Explanations of why an item is recommended are important in educational settings (Takami et al., 2022a). There are two main explanations: model-intrinsic and post hoc approaches (Zhang & Chen, 2020). In the model-intrinsic approach, the model mechanism is transparent, and the explanation indicates exactly how the model generates a recommendation interpretation from the recommender model algorithm. This approach is related to explainable AI (XAI) and has recently received attention in the field of education (Khosravi et al., 2022). In education, additional benefits of explanations from learning systems have been proposed (Ogata et al., 2024; Flanagan et al., 2021), such as encouraging student motivation to learn, leading to higher achievement. There are several possible reasons for use of explainable recommendation systems in education. A data-driven explanation based on learning history explains that a question is recommended based on mistakes made on it in the past. Using the knowledge model, this knowledge is related to other knowledge, and the quiz is recommended. Regarding persuasive explanations, we found that adding a tailored persuasive explanation to an explanation of the characteristics of the problem estimated from conventional learning history had a great effect on engagement. These results suggest that it may be effective to combine several explanation methods according to student characteristics such as personality, rather than using only one explanation method, to improve transparency, persuasiveness, and trustworthiness. New explanation methods tailored to personality can be considered as advancement of previous explainable recommendation research.

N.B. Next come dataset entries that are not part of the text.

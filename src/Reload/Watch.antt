-- ===== src/Reload/Watch.antt =====
-- src/reload.rs: the reloads of the loop of `watch_file`, and when they start.
use nyasniproxy.Base.{
  ℕ, zero, suc, ◌+◌, ◌≤◌, true, ◌++◌, refl, sym, ap, ◌∙◌, List, [], ◌∷◌, Option, ◌≡◌, arith, leb,
  any, All, length, if-elim,
}
use nyasniproxy.Base.{Bytes}
use nyasniproxy.Config.{StaticSettings}
use nyasniproxy.Reload.{Poll, Libraries, App, drop_guards, reload_once, poll_source}
use nyasniproxy.Reload.Loop.{
  Event, Arrivals, FileReload, Watching, applies, later_of, is_drained, reload_after, on_event,
  watch_loop, start_watching,
}

-- A reload has started at `t` or later.
abbrev pub ReloadedSince : ℕ → List ℕ → Type 0
ReloadedSince t started = any (leb t) started ≡ true

-- The starts, the last one first: each at least 200 ms behind the one before.
abbrev pub Spaced : List ℕ → Type 0
Spaced [] = Unit
Spaced (s ∷ []) = Unit
Spaced (s ∷ r ∷ started) = (r + 200 ≤ s) × Spaced (r ∷ started)

abbrev AllBefore : List ℕ → ℕ → Type 0
AllBefore [] free = Unit
AllBefore (s ∷ started) free = s ≤ free

-- What the loop keeps: what a drain has taken, a reload has started behind.
pub record Sound (w : Watching) : Type 0 where
  pub drained_seen : (t : ℕ) → is_drained w.drained t ≡ true → ReloadedSince t w.started
  pub spaced : Spaced w.started
  pub before : AllBefore w.started w.free

later_of-le : (a b : ℕ) → (a ≤ later_of a b) × (b ≤ later_of a b)
later_of-le a b = (ground arith, ground arith)

Spaced-cons :
    (started : List ℕ) (free s : ℕ)
    → AllBefore started free
    → Spaced started
    → free + 200 ≤ s
    → Spaced (s ∷ started)
Spaced-cons [] free s b h k = tt
Spaced-cons (r ∷ started) free s b h k = (omega arith, h)

any-here : (t s : ℕ) (started : List ℕ) → t ≤ s → ReloadedSince t (s ∷ started)
any-here t s started h = ground arith

any-there : (t s : ℕ) (started : List ℕ) → ReloadedSince t started → ReloadedSince t (s ∷ started)
any-there t s started h = ground arith

module _ (lib : Libraries) (settings : StaticSettings) (filename : Option Bytes)
    (next : ℕ → FileReload) where
  reload_after-Sound :
      (r : FileReload) (t : ℕ) (w : Watching) → Sound w → Sound (reload_after lib settings r t w)
  unfolding reload_after
  reload_after-Sound r t w s = record {
    drained_seen = λ t' h. any-here t' (later_of t w.free + 200) w.started (ground arith);
    spaced =
        Spaced-cons w.started w.free (later_of t w.free + 200) s.before s.spaced
          (omega (arith, (later_of-le t w.free).1));
    before = omega arith;
  }

  -- What one event leads to.
  pub record Handles (t : ℕ) (e : Option Event) (w w' : Watching) : Type 0 where
    pub sound : Sound w'
    pub seen : applies filename e ≡ true → ReloadedSince t w'.started
    pub kept : (t' : ℕ) → ReloadedSince t' w.started → ReloadedSince t' w'.started

  on_event-Handles :
      (t : ℕ) (e : Option Event) (w : Watching)
      → Sound w
      → Handles t e w (on_event lib settings filename next t e w)
  unfolding on_event
  on_event-Handles t e w s =
      if-elim (Handles t e w) (is_drained w.drained t) _ _
        (λ drained. record { sound = s; seen = λ _. s.drained_seen t drained; kept = λ t' h. h })
        (λ _.
          if-elim (Handles t e w) (applies filename e) _ _ (λ _. reloads (next (length w.started)))
            (λ other. record { sound = s; seen = λ q. cc (other, q); kept = λ t' h. h }))
    where
      reloads : (r : FileReload) → Handles t e w (reload_after lib settings r t w)
      reloads r =
          unfold reload_after in
          record {
            sound = reload_after-Sound r t w s;
            seen = λ _.
                any-here t (later_of t w.free + 200) w.started
                  (omega (arith, (later_of-le t w.free).0));
            kept = λ t' h. any-there t' (later_of t w.free + 200) w.started h;
          }

  -- Every event of the file is followed by a reload; none is left over.
  pub record IsDebounced (arrivals : Arrivals) (w w' : Watching) : Type 0 where
    pub followed :
        All
          (λ arrival. applies filename arrival.1 ≡ true → ReloadedSince arrival.0 w'.started)
          arrivals
    pub started_apart : Spaced w'.started
    pub earlier : (t : ℕ) → ReloadedSince t w.started → ReloadedSince t w'.started

  watch_loop-IsDebounced :
      (arrivals : Arrivals) (w : Watching)
      → Sound w
      → IsDebounced arrivals w (watch_loop lib settings filename next arrivals w)
  unfolding watch_loop
  watch_loop-IsDebounced [] w s = record {
    followed = tt;
    started_apart = s.spaced;
    earlier = λ t h. h;
  }
  watch_loop-IsDebounced ((t, e) ∷ arrivals) w s =
      let h = on_event-Handles t e w s in
      let ih =
        watch_loop-IsDebounced arrivals (on_event lib settings filename next t e w) h.sound in
      record {
        followed = ((λ a. ih.earlier t (h.seen a)), ih.followed);
        started_apart = ih.started_apart;
        earlier = λ t' q. ih.earlier t' (h.kept t' q);
      }

-- The polls of the first reloads.
abbrev pub first_polls : (ℕ → FileReload) → ℕ → List Poll
first_polls next zero = []
first_polls next (suc n) = first_polls next n ++ ((next n).poll ∷ [])

module _ (lib : Libraries) (settings : StaticSettings) (filename : Option Bytes)
    (next : ℕ → FileReload) (a : App) where
  poll_source-append :
      (ps : List Poll) (p : Poll) (b : App)
      → poll_source lib settings (ps ++ (p ∷ [])) b
        ≡ let b' = poll_source lib settings ps b in
          reload_once lib settings p (drop_guards p.ended b')
  unfolding poll_source
  poll_source-append [] p b = refl
  poll_source-append (q ∷ ps) p b =
      poll_source-append ps p (reload_once lib settings q (drop_guards q.ended b))

  -- The program is what the reloads so far have made of it.
  abbrev IsReloaded : Watching → Type 0
  IsReloaded w = w.app ≡ poll_source lib settings (first_polls next (length w.started)) a

  on_event-IsReloaded :
      (t : ℕ) (e : Option Event) (w : Watching)
      → IsReloaded w
      → IsReloaded (on_event lib settings filename next t e w)
  unfolding on_event reload_after
  on_event-IsReloaded t e w h =
      if-elim IsReloaded (is_drained w.drained t) _ _ (λ _. h)
        (λ _.
          if-elim IsReloaded (applies filename e) _ _
            (λ _.
              let p = (next (length w.started)).poll in
              ap (λ b. reload_once lib settings p (drop_guards p.ended b)) h
              ∙ sym (poll_source-append (first_polls next (length w.started)) p a))
            (λ _. h))

  watch_loop-reloads :
      (arrivals : Arrivals) (w : Watching)
      → IsReloaded w
      → IsReloaded (watch_loop lib settings filename next arrivals w)
  unfolding watch_loop
  watch_loop-reloads [] w h = h
  watch_loop-reloads ((t, e) ∷ arrivals) w h =
      watch_loop-reloads arrivals (on_event lib settings filename next t e w)
        (on_event-IsReloaded t e w h)

-- Every event of the watched file, at whatever time it comes and however many come together, is
-- followed by a call of `reload_once` that starts at that time or later; two of the calls start at
-- least 200 ms apart; and what the program serves and writes at the end is what exactly these
-- calls, one for each start, make of what it began with.
pub watch_loop-start :
    (lib : Libraries) (settings : StaticSettings) (filename : Option Bytes) (next : ℕ → FileReload)
    (arrivals : Arrivals) (a : App)
    → let w' = watch_loop lib settings filename next arrivals (start_watching a) in
      All
        (λ arrival. applies filename arrival.1 ≡ true → ReloadedSince arrival.0 w'.started)
        arrivals
      × Spaced w'.started
      × (w'.app ≡ poll_source lib settings (first_polls next (length w'.started)) a)
watch_loop-start lib settings filename next arrivals a =
    let d =
      watch_loop-IsDebounced lib settings filename next arrivals (start_watching a)
        (record { drained_seen = λ t h. cc; spaced = tt; before = tt }) in
    (
      d.followed,
      d.started_apart,
      watch_loop-reloads lib settings filename next a arrivals (start_watching a)
          (unfold poll_source in refl),
    )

Our intervention was tailored using a personality trait-based approach based on responses to the Big Five psychological questionnaire. Previous learning analysis research (Matz et al., 2021) did not use the psychological personality trait scale, although some learning-style-related questionnaires were used for clustering. A design-based approach was used for university students; it was less robust than the A/B testing we used. The Big Five model of personality has been validated, although it has been argued that it does not capture the full range of human personalities, as it mostly concerns the more prosocial aspects of behavior (Paulhus & Williams, 2002), intelligence (Jensen, 1998), inhibition/activation (Carver & White, 1994), narcissism (Raskin & Hall, 1979), grit (Duckworth et al., 2007), and happiness (Lyubomirsky & Lepper, 1999). However, we did not examine these personality traits. Clustering using different personality measures and tailored interventions for each segment would be more effective for engagement. Tailored interventions including target segmentation for all aspects of learners may require improvement for future implementation. If empirical evidence confirms that certain types of explanations are more effective for specific learner profiles, development of a dataset that pairs learner types with effective explanations is a logical avenue for research. Such a dataset could be instrumental in fine-tuning large-scale language models such as ChatGPT (OpenAI, 2022) and Llama 2 (Meta, 2023), enabling them to generate highly accurate and trustworthy explanations tailored to individual learner types.

A personality-based, segmented tailored intervention for students designed to increase engagement with explainable recommender systems was significantly more effective than conventional explanations. These results suggest that personality-based explanations in the recommender approach are effective for e-learning engagement and imply improved trustworthiness in the AI learning system.